2. History Background of the EMS-Type Maglev Train System

The development of maglev trains can be traced back to 1934, when Hermann Kemper of Germany patented the concept. In 1969, the German company Krauss-Maffei achieved a significant milestone by developing the first prototype model of a Maglev train in their laboratory, known as Transrapid (TR) 01. In the early 1970s, the German government initiated a high-speed maglev train transportation development plan, leading Krauss-Maffei to develop subsequent models, namely, TR02 and TR04, based on the TR01 prototype. In 1991, the German government conducted an evaluation of the TR07 model and deemed it ready for practical application. Following this, the development of the TR08 and TR09 maglev trains took place. The TR08 model achieved a significant milestone, as it became the first commercially operational maglev train in the world. It was successfully implemented in the joint Germany and China project, connecting Shanghai Pudong Airport to Longyang Road subway station.

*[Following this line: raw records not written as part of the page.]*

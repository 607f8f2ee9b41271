-- ===== src/Algo/Heap/Sort.antt =====
-- sort_heap.
use mathlib.Core.List.Perm
use c_nad.Core.Span
use c_nad.Core.Cmp.{Cmp, Le, IsOrder, Le_refl}
use c_nad.Core.Int.{gt0}
use c_nad.Prelude.Array.{
  length-perm, get_or, get_or-take, get_or-append_left, get_or-append_right, get_or-drop,
  entries-perm,
}
use c_nad.Prelude.{
  ℕ, zero, suc, ◌-◌, ◌≤◌, ◌<◌, ◌≡◌, refl, ap, ◌∙◌, inl, inr, not, List, ◌++◌, Perm, arith, ltb,
  ◌==◌, Bool-cases, length, take, drop, length-take, take-append-drop, Returns, Returns-map,
  Returns-if,
}
use c_nad.Algo.Heap.{parent, pop_heap, sort_heap_from, sort_heap}
use c_nad.Algo.Heap.Order.{IsHeap, root-greatest}
use c_nad.Algo.Heap.Pop.{IsPopped, pop_heap-IsPopped}

module _ {A : Type 0} (d : A) (cmp : Cmp A) where
  -- the entries from `n` on are in order, and none before them comes after one of them
  pub record SortedFrom (s : List A) (n : ℕ) : Type 0 where
    pub rising : (i j : ℕ) → n ≤ i → i ≤ j → j < length s → Le cmp (get_or s i d) (get_or s j d)
    pub above : (i j : ℕ) → i < n → n ≤ j → j < length s → Le cmp (get_or s i d) (get_or s j d)

  -- What sort_heap leaves: the same elems, in ascending order.
  pub record IsSortOf (s t : List A) : Type 0 where
    pub sorted : (i j : ℕ) → i ≤ j → j < length t → Le cmp (get_or t i d) (get_or t j d)
    pub same : Perm t s

module _ {A : Type 0} (d : A) (cmp : Cmp A) (o : IsOrder cmp) where
  part-IsHeap :
      (s : List A) (n : ℕ)
      → suc n ≤ length s
      → IsHeap d cmp s (suc n)
      → IsHeap d cmp (take (suc n) s) (length (take (suc n) s))
  part-IsHeap s n le h c p q r =
      let size : length (take (suc n) s) ≡ suc n = omega (arith, length-take (suc n) s) in
      rw (get_or-take d (suc n) s c (omega arith), get_or-take d (suc n) s (parent c) (omega arith))
        (h c p (omega arith) r)

  -- one round of sort_heap on a heap of `suc n` elems before a sorted part
  module _ (s : List A) (n : ℕ) (le : suc n ≤ length s) (h : IsHeap d cmp s (suc n))
      (v : SortedFrom d cmp s (suc n)) (t : List A) (u : IsPopped d cmp (take (suc n) s) t) where
    abbrev all_of_round : List A
    all_of_round = t ++ drop (suc n) s

    length-part : length (take (suc n) s) ≡ suc n
    length-part = omega (arith, length-take (suc n) s)

    length-popped : length t ≡ suc n
    length-popped = length-perm u.same ∙ length-part

    round-front : (i : ℕ) → i < suc n → get_or all_of_round i d ≡ get_or t i d
    round-front i p = get_or-append_left d t _ i (omega (arith, length-popped))

    round-back : (i : ℕ) → suc n ≤ i → get_or all_of_round i d ≡ get_or s i d
    round-back i p =
        get_or-append_right d t _ i (omega (arith, length-popped))
        ∙ get_or-drop d (suc n) s (i - length t)
        ∙ ap (λ k. get_or s k d) (omega (arith, length-popped))

    round-perm : Perm all_of_round s
    round-perm = rw (take-append-drop (suc n) s) at (Perm.append_right (drop (suc n) s) u.same)

    -- an entry of the popped part does not come after what no entry of the part comes after
    popped-le :
        (y : A)
        → ((i : ℕ) → i < suc n → Le cmp (get_or s i d) y)
        → (i : ℕ) → i < suc n
        → Le cmp (get_or t i d) y
    popped-le y all i p = ground (
      arith,
      entries-perm (λ x. not (gt0 (cmp x y))) d u.same
          (λ j q. ground (arith, length-part, all j, get_or-take d (suc n) s j)) i
          (omega (arith, length-popped)),
    )

    round-root : get_or all_of_round n d ≡ get_or s 0 d
    round-root =
        round-front n (omega arith)
        ∙ ap (λ k. get_or t k d) (omega (arith, length-part))
        ∙ u.last
        ∙ get_or-take d (suc n) s 0 (omega arith)

    length-round : length all_of_round ≡ length s
    length-round = length-perm round-perm

    -- after the round `n` elems are a heap, before a sorted part that is one longer
    round-rising :
        (i j : ℕ)
        → n ≤ i
        → i ≤ j
        → j < length all_of_round
        → Le cmp (get_or all_of_round i d) (get_or all_of_round j d)
    round-rising i j p q r = elim (Bool-cases (j == n)) [
      | inl e ↦ let f : i ≡ j = ground arith in rw f (Le_refl o (get_or all_of_round j d))
      | inr e ↦
          let back = round-back j (ground arith) in
          let in_s : j < length s = omega (arith, length-round) in
          elim (Bool-cases (i == n)) [
            | inl f ↦
                let g : i ≡ n = ground arith in
                rw (g, round-root, back) (v.above 0 j (omega arith) (ground arith) in_s)
            | inr f ↦ rw (round-back i (ground arith), back) (v.rising i j (ground arith) q in_s)
          ]
    ]

    round-above :
        (i j : ℕ)
        → i < n
        → n ≤ j
        → j < length all_of_round
        → Le cmp (get_or all_of_round i d) (get_or all_of_round j d)
    round-above i j p q r = elim (Bool-cases (j == n)) [
      | inl e ↦
          let g : j ≡ n = ground arith in
          rw (g, round-root, round-front i (omega arith))
            (popped-le (get_or s 0 d) (λ k w. root-greatest d cmp o (suc n) s (suc n) k h w w) i
              (omega arith))
      | inr e ↦
          let in_s : j < length s = omega (arith, length-round) in
          rw (round-back j (ground arith), round-front i (omega arith))
            (popped-le (get_or s j d) (λ k w. v.above k j w (ground arith) in_s) i (omega arith))
    ]

    round-IsHeap : IsHeap d cmp all_of_round n
    round-IsHeap c p q r =
        rw (round-front c (omega arith), round-front (parent c) (omega arith))
          (u.heap c p (omega (arith, length-part)) r)

  sort_heap_from-IsSortOf :
      (n : ℕ) (s : List A)
      → n ≤ length s
      → IsHeap d cmp s n
      → SortedFrom d cmp s n
      → Returns (IsSortOf d cmp s) (sort_heap_from n s cmp)
  unfolding sort_heap_from
  sort_heap_from-IsSortOf zero s le h v =
      (s, refl, record { sorted = λ i j p q. v.rising i j (omega arith) p q; same = Perm.rfl })
  sort_heap_from-IsSortOf (suc n) s le h v =
      Returns-if (ltb 1 (suc n))
        (λ more.
          let part = take (suc n) s in
          let size : length part ≡ suc n = omega (arith, length-take (suc n) s) in
          let (t, popped, u) =
            pop_heap-IsPopped d cmp o part (omega arith) (part-IsHeap s n le h) in
          let ready : n ≤ length (t ++ drop (suc n) s) =
            omega (arith, length-round s n le h v t u) in
          rw (Span.on_sub-prefix d s (suc n) (λ x. pop_heap x cmp) t le popped) (
            Returns-map _
              (sort_heap_from-IsSortOf n (t ++ drop (suc n) s) ready (round-IsHeap s n le h v t u)
                (record {
                  rising = round-rising s n le h v t u;
                  above = round-above s n le h v t u;
                }))
              λ w x. record {
                sorted = x.sorted;
                same = Perm.trans x.same (round-perm s n le h v t u);
              }))
        (λ end. (
          s,
          refl,
          record {
            sorted = λ i j p q. elim (Bool-cases (i == 0)) [
              | inl e ↦
                  let i0 : i ≡ 0 = ground arith in
                  elim (Bool-cases (j == 0)) [
                    | inl f ↦
                        let j0 : j ≡ 0 = ground arith in rw (i0, j0) (Le_refl o (get_or s 0 d))
                    | inr f ↦ rw i0 (v.above 0 j (omega arith) (ground arith) q)
                  ]
              | inr e ↦ v.rising i j (ground arith) p q
            ];
            same = Perm.rfl;
          },
        ))

  -- sort_heap turns a heap into the same elems in ascending order.
  pub sort_heap-IsSortOf :
      (s : List A) → IsHeap d cmp s (length s) → Returns (IsSortOf d cmp s) (sort_heap s cmp)
  unfolding sort_heap
  sort_heap-IsSortOf s h = sort_heap_from-IsSortOf (length s) s (omega arith) h (record {
    rising = λ i j p q r. absurd (omega arith);
    above = λ i j p q r. absurd (omega arith);
  })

In 1974, Japan Airlines (JAL) made a significant investment by purchasing the TR04 model from Krauss-Maffei. Building upon this technology, JAL developed a series of low-speed maglev trains and high-speed surface transport (HSST) systems based on the TR04 model. The bogie structure utilized in the HSST-05 design became widely adopted in subsequent low-speed maglev train designs. Based on the HSST-05, two models were developed, HSST-100S and HSST-100L, capable of reaching speeds of up to 100 km/h. The HSST-100L model was implemented on the Linimo line in Nagoya, Japan, showcasing its practical application. The Japanese National Railways (JNR) have also made significant contributions to maglev train research. In 1972, they successfully developed the ML100 model, followed by the ML500, which set a world record speed of 517 km/h in 1979. The MLX01, developed in 1997, achieved a remarkable speed of 550 km/h. Furthermore, Japan’s efforts in maglev train technology extended to the development of the low-temperature superconducting electric maglev vehicle known as L0. Tested on the Yamanashi test line, the L0 achieved a remarkable world record speed of 603 km/h, highlighting Japan’s advancements in high-speed maglev train capabilities.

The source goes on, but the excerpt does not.